Medial prefrontal decoupling from the default mode network benefits memory
N.C.J. Müller,
M. Dresler,
G. Janzen,
C.F. Beckmann,
G. Fernández,
N. Kohn
Affiliations
N.C.J. Müller
Donders Institute for Brain, Cognition and Behaviour, Radboud University Medical Centre, Geert Grooteplein Zuid 10, 6525GA, Nijmegen, the Netherlands
M. Dresler
Donders Institute for Brain, Cognition and Behaviour, Radboud University Medical Centre, Geert Grooteplein Zuid 10, 6525GA, Nijmegen, the Netherlands; Max Planck Institute of Psychiatry, Kraepelinstraße 2-10, 80804, Munich, Germany
G. Janzen
Donders Institute for Brain, Cognition and Behaviour, Radboud University Medical Centre, Geert Grooteplein Zuid 10, 6525GA, Nijmegen, the Netherlands; Behavioural Science Institute, Radboud University Nijmegen, Montessorilaan 3, 6525HR, Nijmegen, the Netherlands
C.F. Beckmann
Donders Institute for Brain, Cognition and Behaviour, Radboud University Medical Centre, Geert Grooteplein Zuid 10, 6525GA, Nijmegen, the Netherlands
G. Fernández
Donders Institute for Brain, Cognition and Behaviour, Radboud University Medical Centre, Geert Grooteplein Zuid 10, 6525GA, Nijmegen, the Netherlands
N. Kohn
Donders Institute for Brain, Cognition and Behaviour, Radboud University Medical Centre, Geert Grooteplein Zuid 10, 6525GA, Nijmegen, the Netherlands; Corresponding author. Radboud University Medical Centre, Donders Institute for Brain, Cognition and Behaviour, Cognitive Neuroscience Department, Kapittelweg 29, 6525EN, Nijmegen, the Netherlands.

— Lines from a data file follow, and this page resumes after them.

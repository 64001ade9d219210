-- ===== src/Batch/Interrupts.antt =====
-- What the cancel requests of batch_routes.go can do to a running batch job.
use gomsggw.Base.{
  ℕ, ◌+◌, ◌≤◌, List, [], ◌∷◌, String, Eq_String, ◌==◌, All, ◌≡◌, ◌⊎◌, inl, inr, refl, ◌∙◌,
  Bool-cases, arith,
}
use gomsggw.Batch.{
  BatchMessageItem, cancelled, Cancel, cancel_job, find_message, cancel_message, BatchState,
  is_open, is_over, open_in, find_row, update_row, if_row, if_open, set_cancelled, cancel_open,
  cancel_batch, find_batch_message, was_found, cancel_batch_message, cancel, cancel_each, due,
  not_due, interrupt,
}
use gomsggw.Batch.Items.{BatchEnv, later}
use gomsggw.Batch.Rows.{
  ids, ids-Pointwise, Pointwise, Pointwise-map, Pointwise-refl, Pointwise-trans,
}

-- A row keeps its status, or is cancelled, even if it was sent.
pub record CancelsRow (r s : BatchMessageItem) : Type 0 where
  pub same_id : s.id ≡ r.id
  pub kept : (s.status ≡ r.status) ⊎ (s.status ≡ cancelled)

abbrev pub Cancels : List BatchMessageItem → List BatchMessageItem → Type 0
Cancels rows ss = Pointwise CancelsRow rows ss

CancelsRow-refl : (r : BatchMessageItem) → CancelsRow r r
CancelsRow-refl r = record { same_id = refl; kept = inl refl }

CancelsRow-trans : (r s t : BatchMessageItem) → CancelsRow r s → CancelsRow s t → CancelsRow r t
CancelsRow-trans r s t h k = record {
  same_id = k.same_id ∙ h.same_id;
  kept = elim h.kept [
    | inl same ↦ elim k.kept [ inl again ↦ inl (again ∙ same) | inr e ↦ inr e ]
    | inr e ↦ elim k.kept [ inl again ↦ inr (again ∙ e) | inr e' ↦ inr e' ]
  ];
}

pub All-rows :
    (P : BatchMessageItem → Type 0)
    → ((r : BatchMessageItem) → P r)
    → (rows : List BatchMessageItem) → All P rows
All-rows P law [] = tt
All-rows P law (r ∷ rows) = (law r, All-rows P law rows)

pub Cancels-refl : (rows : List BatchMessageItem) → Cancels rows rows
Cancels-refl rows = Pointwise-refl CancelsRow rows (All-rows _ CancelsRow-refl rows)

if_open-CancelsRow : (r : BatchMessageItem) → CancelsRow r (if_open r)
if_open-CancelsRow r = elim (Bool-cases (is_open r)) [
  | inl was ↦ rw was (record { same_id = refl; kept = inr refl })
  | inr closed ↦ rw closed (CancelsRow-refl r)
]

-- What a request leaves as it was, and what time does.
pub record Interrupted (st st' : BatchState) : Type 0 where
  pub rows : Cancels st.rows st'.rows
  pub same_job : st'.job ≡ st.job
  pub same_chan : st'.client_msg_chan ≡ st.client_msg_chan
  pub now : st.now ≤ st'.now

Interrupted-trans : (a b c : BatchState) → Interrupted a b → Interrupted b c → Interrupted a c
Interrupted-trans a b c h k = record {
  rows = Pointwise-trans CancelsRow a.rows b.rows c.rows CancelsRow-trans h.rows k.rows;
  same_job = k.same_job ∙ h.same_job;
  same_chan = k.same_chan ∙ h.same_chan;
  now = omega (arith, h.now, k.now);
}

cancel_batch-Interrupted : (now : ℕ) (st : BatchState) → Interrupted st (cancel_batch now st)
unfolding cancel_batch cancel_open
cancel_batch-Interrupted now st = elim (Bool-cases (is_over st.stored.status)) [
  | inl over ↦
      rw over (record {
        rows = Cancels-refl st.rows;
        same_job = refl;
        same_chan = refl;
        now = omega arith;
      })
  | inr running ↦ rw running (record {
    rows = Pointwise-map CancelsRow if_open st.rows (All-rows _ if_open-CancelsRow st.rows);
    same_job = refl;
    same_chan = refl;
    now = omega arith;
  })
]

pub Cancels-ids : (rows ss : List BatchMessageItem) → Cancels rows ss → ids ss ≡ ids rows
Cancels-ids rows ss h = ids-Pointwise CancelsRow rows ss (λ r s k. k.same_id) h

cancel_row :
    (id : String) (r : BatchMessageItem)
    → CancelsRow r (if_row id (set_cancelled "cancelled by user") r)
cancel_row id r = elim (Bool-cases (r.id == id)) [
  | inl here ↦ rw here (record { same_id = refl; kept = inr refl })
  | inr elsewhere ↦ rw elsewhere (CancelsRow-refl r)
]

Interrupted-refl : (st : BatchState) → Interrupted st st
Interrupted-refl st = record {
  rows = Cancels-refl st.rows;
  same_job = refl;
  same_chan = refl;
  now = omega arith;
}

find_batch_message-Interrupted :
    (id : String) (st : BatchState) → Interrupted st (find_batch_message id st)
unfolding find_batch_message
find_batch_message-Interrupted id st = elim (Bool-cases (open_in (find_row id st.rows))) [
  | inl is ↦
      rw is (record {
        rows = Cancels-refl st.rows;
        same_job = refl;
        same_chan = refl;
        now = omega arith;
      })
  | inr not_open ↦ rw not_open (Interrupted-refl st)
]

cancel_batch_message-Interrupted :
    (id : String) (st : BatchState) → Interrupted st (cancel_batch_message id st)
unfolding cancel_batch_message update_row
cancel_batch_message-Interrupted id st = elim (Bool-cases (was_found id st.found)) [
  | inl is ↦ rw is (record {
    rows =
        Pointwise-map CancelsRow (if_row id (set_cancelled "cancelled by user")) st.rows
          (All-rows _ (cancel_row id) st.rows);
    same_job = refl;
    same_chan = refl;
    now = omega arith;
  })
  | inr not_found ↦ rw not_found (Interrupted-refl st)
]

cancel-Interrupted : (now : ℕ) (c : Cancel) (st : BatchState) → Interrupted st (cancel now c st)
unfolding cancel
cancel-Interrupted now cancel_job st = cancel_batch-Interrupted now st
cancel-Interrupted now (find_message id) st = find_batch_message-Interrupted id st
cancel-Interrupted now (cancel_message id) st = cancel_batch_message-Interrupted id st

cancel_each-Interrupted :
    (now : ℕ) (cs : List Cancel) (st : BatchState) → Interrupted st (cancel_each now cs st)
unfolding cancel_each
cancel_each-Interrupted now [] st = Interrupted-refl st
cancel_each-Interrupted now (c ∷ cs) st =
    Interrupted-trans st (cancel now c st) (cancel_each now cs (cancel now c st))
      (cancel-Interrupted now c st) (cancel_each-Interrupted now cs (cancel now c st))

pub later-Interrupted : (env : BatchEnv) (st : BatchState) → Interrupted st (later env st)
unfolding later interrupt
later-Interrupted env st =
    let law = cancel_each-Interrupted st.now (due st.schedule) (record st {
      schedule = not_due st.schedule;
      tick = st.tick + 1;
      now = st.now + env.elapsed st.tick;
    }) in
    record {
      rows = law.rows;
      same_job = law.same_job;
      same_chan = law.same_chan;
      now = omega (arith, law.now);
    }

In the last few years the involvement of the medial prefrontal cortex (mPFC) in memory processing has received increased attention. It has been shown to be centrally involved when we use prior knowledge (schemas) to improve learning of related material. With the mPFC also being one of the core hubs of the default mode network (DMN) and the DMN’s role in memory retrieval, we decided to investigate whether the mPFC in a schema paradigm acts independent of the DMN. We tested this with data from a cross-sectional developmental study with a schema paradigm. During retrieval of schema items, the mPFC decoupled from the DMN with the degree of decoupling predicting memory performance. This finding suggests that a demand specific reconfiguration of the DMN supports schema memory. Additionally, we found that in the control condition, which relied on episodic memory, activity in the parahippocampal gyrus was positively related to memory performance. We interpret these results as a demand specific network reconfiguration of the DMN: a decoupling of the mPFC to support schema memory and a decoupling of the parahippocampal gyrus facilitating episodic memory.